02 March 2014

Kyle Higgins’s Last Words on Dick Grayson?

DC Comics is touting an upcoming issue of Secret Origins as writer Kyle Higgins’s last word on Dick Grayson, whom he’s been writing in Nightwing for the past two and half years.

Higgins sounded a bit bemused when he told Kiel Phegley at Comic Book Resources about that story:
The Secret Origins one-shot is a little weird. It’s something they asked me to do while I was wrapping my run on Nightwing, and in some ways, I did a lot on Dick’s early days in our issue #0. So this was about trying to find a different point of view on a lot of the ideas we’d already introduced. . . . Honestly, my final issue of Nightwing kind of says everything I have to say about the character, so it’s a little weird to be doing this origin story too, but it’s fun.
I should note that Higgins’s last issue of Nightwing will be followed by a final issue written by a different team, which completes a story being told in a miniseries titled Forever Evil. That magazine has already shown Dick Grayson being unmasked, which would certainly force major changes in his career as a mysterious vigilante. DC is of course trying to play up fears that that storyline will end with Dick dying.

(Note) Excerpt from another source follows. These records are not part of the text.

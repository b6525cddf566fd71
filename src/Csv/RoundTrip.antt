-- ===== src/Csv/RoundTrip.antt =====
-- What is written as CSV is read back: internal/bq/client.go writes the tables, and
-- internal/goldverify/verify.go reads them.
use go_drive_etl.Common.{
  ℕ, true, false, [], ◌∷◌, ok, Text, Bool, List, ◌≡◌, refl, sym, ap, ◌∙◌, not, ◌&&◌, ◌==◌, length,
  ◌++◌, arith, append_assoc, append-nil,
}
use go_drive_etl.Csv.{
  comma, newline, write_field, write_fields, write_record, write_records, at_record, at_field, fits,
  step_plain, step_first, step_in, read_from, end_in, before_records, read_all,
}
use go_drive_etl.Csv.Fields.{
  no_returns, no_field_returns, no_returns-append, no_returns-write_fields, normalize-no_returns,
  in_state, start_mode, read_field,
}

-- A record that is written as an empty line, which the reader passes over.
abbrev pub is_blank : List Text → Bool
is_blank [] = true
is_blank ([] ∷ []) = true
is_blank _ = false

-- What a record of a table with `n` columns satisfies.
abbrev pub is_row : ℕ → List Text → Bool
is_row n fields = length fields == n && not (is_blank fields) && no_field_returns fields

abbrev pub are_rows : ℕ → List (List Text) → Bool
are_rows n [] = true
are_rows n (r ∷ rows) = is_row n r && are_rows n rows

module _ (records : List (List Text)) where
  empty-newline :
      (first : Bool) (fields : List Text) (f : Text)
      → (first ≡ true → is_blank (f ∷ []) ≡ false)
      → fits records (fields ++ f ∷ []) ≡ true
      → f ≡ []
      → step_in (start_mode first) (in_state (start_mode first) [] fields records) newline
        ≡ ok (in_state at_record [] [] (records ++ (fields ++ f ∷ []) ∷ []))
  unfolding step_in step_first step_plain
  empty-newline true fields [] blank fit e = let h = blank refl in cc
  empty-newline false fields [] blank fit e = rw fit
  empty-newline first fields (c ∷ u) blank fit e = cc

  empty-comma :
      (first : Bool) (fields : List Text) (f : Text)
      → f ≡ []
      → step_in (start_mode first) (in_state (start_mode first) [] fields records) comma
        ≡ ok (in_state at_field [] (fields ++ f ∷ []) records)
  unfolding step_in step_first step_plain
  empty-comma true fields [] e = refl
  empty-comma false fields [] e = refl
  empty-comma first fields (c ∷ u) e = cc

  read_record :
      (first : Bool) (fields : List Text) (f : Text) (rest : List Text) (r : Text)
      → (first ≡ true → is_blank (f ∷ rest) ≡ false)
      → fits records (fields ++ f ∷ rest) ≡ true
      → read_from
          (in_state (start_mode first) [] fields records)
          (write_fields (f ∷ rest) ++ newline ∷ r)
        ≡ read_from (in_state at_record [] [] (records ++ (fields ++ f ∷ rest) ∷ [])) r
  unfolding write_fields step_in step_first step_plain
  read_record first fields f [] r blank fit =
      read_field first fields records f newline r
        (in_state at_record [] [] (records ++ (fields ++ f ∷ []) ∷ []))
        (empty-newline first fields f blank fit) (rw fit) (rw fit)
  read_record first fields f (g ∷ rest) r blank fit =
      ap (read_from (in_state (start_mode first) [] fields records))
        (append_assoc (write_field f) (comma ∷ write_fields (g ∷ rest)) (newline ∷ r))
      ∙ read_field first fields records f comma (write_fields (g ∷ rest) ++ newline ∷ r)
          (in_state at_field [] (fields ++ f ∷ []) records) (empty-comma first fields f) refl refl
      ∙ read_record false (fields ++ f ∷ []) g rest r (λ e. cc)
          (ap (fits records) (append_assoc fields (f ∷ []) (g ∷ rest)) ∙ fit)
      ∙ ap (λ q. read_from (in_state at_record [] [] (records ++ q ∷ [])) r)
          (append_assoc fields (f ∷ []) (g ∷ rest))

-- The rows behind a first record.
read_rows :
    (h : List Text) (before rows : List (List Text))
    → are_rows (length h) rows ≡ true
    → read_from (in_state at_record [] [] (h ∷ before)) (write_records rows)
      ≡ ok (h ∷ (before ++ rows))
unfolding write_records write_record
read_rows h before [] e = unfold read_from end_in in ap (λ q. ok (h ∷ q)) (sym (append-nil before))
read_rows h before ([] ∷ rows) e = ground arith
read_rows h before ((f ∷ rest) ∷ rows) e =
    ap (read_from (in_state at_record [] [] (h ∷ before)))
      (append_assoc (write_fields (f ∷ rest)) (newline ∷ []) (write_records rows))
    ∙ read_record (h ∷ before) true [] f rest (write_records rows) (λ q. ground arith)
        (ground arith)
    ∙ read_rows h (before ++ (f ∷ rest) ∷ []) rows (ground arith)
    ∙ ap (λ q. ok (h ∷ q)) (append_assoc before ((f ∷ rest) ∷ []) rows)

-- A table read from its text.
read_table :
    (h : List Text) (rows : List (List Text))
    → is_row (length h) h ≡ true
    → are_rows (length h) rows ≡ true
    → read_from before_records (write_records (h ∷ rows)) ≡ ok (h ∷ rows)
unfolding write_records write_record
read_table [] rows eh er = cc
read_table (f ∷ rest) rows eh er =
    ap (read_from before_records)
      (append_assoc (write_fields (f ∷ rest)) (newline ∷ []) (write_records rows))
    ∙ read_record [] true [] f rest (write_records rows) (λ q. ground arith) refl
    ∙ read_rows (f ∷ rest) [] rows er

no_returns-write_records :
    (n : ℕ) (rows : List (List Text))
    → are_rows n rows ≡ true
    → no_returns (write_records rows) ≡ true
unfolding write_records write_record
no_returns-write_records n [] e = refl
no_returns-write_records n (fields ∷ rows) e =
    no_returns-append (write_fields fields ++ newline ∷ []) (write_records rows)
      (no_returns-append (write_fields fields) (newline ∷ [])
        (no_returns-write_fields fields (ground arith)) refl)
      (no_returns-write_records n rows (ground arith))

-- A table of which every record has as many fields as the first, no record is a single empty field
-- (or none), and no field has a carriage return is read from the text it is written as.
pub read_all-write_records :
    (h : List Text) (rows : List (List Text))
    → are_rows (length h) (h ∷ rows) ≡ true
    → read_all (write_records (h ∷ rows)) ≡ ok (h ∷ rows)
unfolding read_all
read_all-write_records h rows e =
    ap (read_from before_records) (
      normalize-no_returns (write_records (h ∷ rows))
        (no_returns-write_records (length h) (h ∷ rows) e))
    ∙ read_table h rows (ground arith) (ground arith)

But back to Higgins and “Dick’s early days”:
The one story point that I really wanted to explore was the Robin name. It’s something I hadn’t done in issue #0, and it was something that I’d had an idea for for a while. We had kind of touched on the bracelet [with a robin motif] that Dick gave his mother in issue #0 as the origin of why he ultimately took the Robin name, but there’s a little bit more to it than that. What a Robin actually means to Dick Grayson hasn’t been defined, and that’s something I wanted to bring into his origin. Originally, the Robin identity came out of Errol Flynn and the Robin Hood movie, but that’s not exactly the direction DC wanted to go with the New 52 version, so this was all about finding a new spin on the Robin moniker. We’ll show where it comes from and what it means to Dick in this Secret Origins story in a pretty cool way.
Actually, Jerry Robinson’s inspiration for Robin came from his memory of N. C. Wyeth paintings of Robin Hood, not the 1938 Errol Flynn movie (though its popularity couldn’t have hurt). Narrative captions in the first comics that featured Robin made that link to British mythology explicit. But it wasn’t till later retellings of Robin’s origin that DC’s writers showed Dick identifying himself as a Robin Hood fan. Subsequently a Robin Hood painting became a staple of his bedroom in Wayne Manor.

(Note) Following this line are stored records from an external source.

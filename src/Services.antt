-- ===== src/Services.antt =====
-- What the commands see of the external services: the values of internal/drive and internal/bq that
-- cross the interfaces, and the interfaces themselves over a state `W` of the outside world, which
-- each call may change.
use go_drive_etl.Common.{Text, Result, Option, Error, List}

-- `driveapi.File`, with the fields that the code reads.
pub record DriveFile : Type 0 where
  pub id : Text
  pub name : Text
  pub mime_type : Text
  pub md5_checksum : Text

-- `drive.DriveClient`.
pub record DriveClient (W : Type 0) : Type 0 where
  pub list_files : Text → W → Result (List DriveFile) × W
  pub download_file : Text → W → Result Text × W
  pub upsert_file : Text → Text → Text → Text → W → Option Error × W

-- `goldreport.Source`, the part of `bq.BQClient` that exports.
pub record Source (W : Type 0) : Type 0 where
  pub export_table_csv : Text → W → Result Text × W
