-- ===== src/GoldReport.antt =====
-- internal/goldreport/export.go: the delivery of the Gold tables as CSV files.
use go_drive_etl.Common.{
  none, some, [], ◌∷◌, ok, err, Text, codes, Error, List, Option, ◌++◌, if◌then◌else◌, message,
  wrapped, is_empty,
}
use go_drive_etl.Services.{DriveClient, Source}

abbrev pub tables : List Text
tables = codes "mart_ingestion_daily" ∷ codes "mart_file_latest" ∷ []

abbrev pub folder_required : Error
folder_required = message (codes "export folder required")

-- `table=%s: %w` and `file=%s: %w` of the two wrapped errors.
abbrev pub export_failed : Text → Error → Error
export_failed table e = wrapped (codes "Gold Mart の CSV 抽出に失敗: table=" ++ table ++ codes ": ") e

abbrev pub upsert_failed : Text → Error → Error
upsert_failed name e = wrapped (codes "Gold Mart CSV の Drive 出力に失敗: file=" ++ name ++ codes ": ") e

abbrev pub csv_name : Text → Text
csv_name table = table ++ codes ".csv"

module _ {W : Type 0} (drive : DriveClient W) (bq : Source W) (folder : Text) where
  -- The loop over the tables that are left.
  unfoldable pub export_loop : List Text → W → Option Error × W
  export_loop [] w = (none, w)
  export_loop (table ∷ rest) w =
      let (contents, w') = bq.export_table_csv table w in
      elim contents [
        | err e ↦ (some (export_failed table e), w')
        | ok csv ↦
            let (result, w'') =
              drive.upsert_file folder (csv_name table) (codes "text/csv") csv w' in
            elim result [
              | some e ↦ (some (upsert_failed (csv_name table) e), w'')
              | none ↦ export_loop rest w''
            ]
      ]

  unfoldable pub export_reports : W → Option Error × W
  unfolding export_loop
  export_reports w = if is_empty folder then (some folder_required, w) else export_loop tables w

And there’s a curious story from Detective Comics, #226, in 1955 called “When Batman Was Robin,” which showed young Bruce Wayne dressing in the oh-so-inconspicuous Robin costume to get tutoring from the famous detective Harvey Harris. Seeing the kid in the red jerkin, Harris says he looks “as brilliant as a robin redbreast” and dubs him Robin.

That story by Edmond Hamilton undercuts the Dynamic Duo mythos in a couple of ways. Since it was set before Bruce’s parents were killed, it meant their murder wasn’t actually what set him to dressing up in a cape and mask and fighting crime. And it meant Bruce gave Dick the name Robin and the same type of costume he’d worn as a teenager without ever explaining their history.

But to get back to Higgins once more, is this really his farewell to Dick Grayson, or just to DC’s main, official, present-day version of that character? In January Higgins told Vaneta Rogers at Newsarama, “I’ve got some huge Dick Grayson/Nightwing stuff coming up in Batman Beyond 2.0…which I can’t urge you enough to pick up. . . . It’s the best stuff I’ve done at DC.” That digital-first magazine is set in one possible future for the DC heroes, spun off the animated cartoons rather than the main comic books, so it’s not quite so official.

In addition, Higgins has an upcoming series from Image called C.O.W.L., set in an original superhero universe. Higgins started to build that world with his student film The League, which featured an equivalent of Dick Grayson named the Sparrow or, later, the Wraith. Interviews don’t indicate if that character shows up in The C.O.W.L., but a version of his mentor does, so there’s a strong possibility.